◆ **PROMPT**: Report every line of the records beneath this task that holds the string "more".

*-*-*

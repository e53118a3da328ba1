-- ===== src/Interpreter/Pvm.antt =====
-- tsrkit_pvm/interpreter/pvm.py: `Interpreter.execute`.
pub mod Loop
pub mod Safe
use tsrkit_pvm.Prelude.{
  ℕ, zero, suc, Bool, true, false, ◌||◌, List, if◌then◌else◌, ℤ, pos, ◌-ℤ◌, pos_part, is_neg, M,
  Outcome, Exn,
}
use tsrkit_pvm.Common.Status.{ExecutionStatus}
use tsrkit_pvm.Interpreter.Program.{Program}
use tsrkit_pvm.Instructions.Machine.{Machine}
use tsrkit_pvm.Instructions.InstMap
use tsrkit_pvm.Instructions.InstMap.{BlockInfo, BlockReturn, Cache}

-- The tuple that `execute` returns.
pub record Result : Type 0 where
  pub status : ExecutionStatus
  pub program_counter : ℕ
  pub remaining_gas : ℤ
  pub machine : Machine

-- `threw` is an exception that `execute` does not catch, with what it had done to the machine;
-- `out_of_fuel` says that the rounds of the model were used up.
pub data Run : Type 0 where
  returned : Result → Run
  threw : Exn → Machine → Run
  out_of_fuel : Run

abbrev pub result : ExecutionStatus → ℕ → ℤ → Machine → Run
result status pc gas m =
    Run.returned
      (record { status = status; program_counter = pc; remaining_gas = gas; machine = m })

-- The `except` clauses: the program counter and the gas are those from before the block.
unfoldable pub on_exception : Exn → ℕ → ℤ → Machine → Run
on_exception Exn.panic pc gas m = result ExecutionStatus.panic pc gas m
on_exception (Exn.page_fault addr) pc gas m = result (ExecutionStatus.page_fault addr) pc gas m
on_exception e pc gas m = Run.threw e m

abbrev pub ends_run : ExecutionStatus → Bool
ends_run ExecutionStatus.halt = true
ends_run (ExecutionStatus.host _) = true
ends_run _ = false

-- The tests on the gas that remains and on the status; `again` is the next round.
unfoldable pub settle : (ℕ → ℤ → Machine → Run) → ExecutionStatus → ℕ → ℤ → Machine → Run
settle again status next_pc remaining m =
    let more = again next_pc remaining m in
    if is_neg remaining
    then result ExecutionStatus.out_of_gas next_pc remaining m
    else if ends_run status
    then result status next_pc remaining m
    else more

-- The body of the loop after `process_instruction`.
unfoldable pub after_block : (ℕ → ℤ → Machine → Run) → ℕ → ℤ → Outcome Machine BlockReturn → Run
unfolding on_exception settle
after_block again pc gas (Outcome.raised e m) = on_exception e pc gas m
after_block again pc gas (Outcome.done (status, next_pc, gas_cost) m) =
    settle again status next_pc (gas -ℤ pos gas_cost) m

-- A round, once the block is known or the exception that compiling it raised; `again` is the next
-- round.
unfoldable pub round :
    (Cache → ℕ → ℤ → Machine → Run) → ℕ → ℤ → Machine → Outcome Cache BlockInfo → Run
unfolding after_block on_exception InstMap.execute
round again pc gas m (Outcome.raised e _) = on_exception e pc gas m
round again pc gas m (Outcome.done info cache) =
    after_block (again cache) pc gas (InstMap.execute info pc m)

-- `while True`, one block to a round.
unfoldable pub run_loop : ℕ → Program → Cache → ℕ → ℤ → Machine → Run
unfolding round InstMap.get_block
run_loop zero p cache pc gas m = Run.out_of_fuel
run_loop (suc fuel) p cache pc gas m =
    round (run_loop fuel p) pc gas m (InstMap.get_block p pc cache)

-- Each block costs at least one unit of gas, so that `gas + 1` rounds are enough.
unfoldable pub execute : Program → ℕ → ℤ → Machine → Run
unfolding run_loop
execute p program_counter gas m =
    run_loop (suc (pos_part gas)) p InstMap.empty_cache program_counter gas m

*-*-*

◆ **TASK RESPONSE**:
    let more = again next_pc remaining m in
    else more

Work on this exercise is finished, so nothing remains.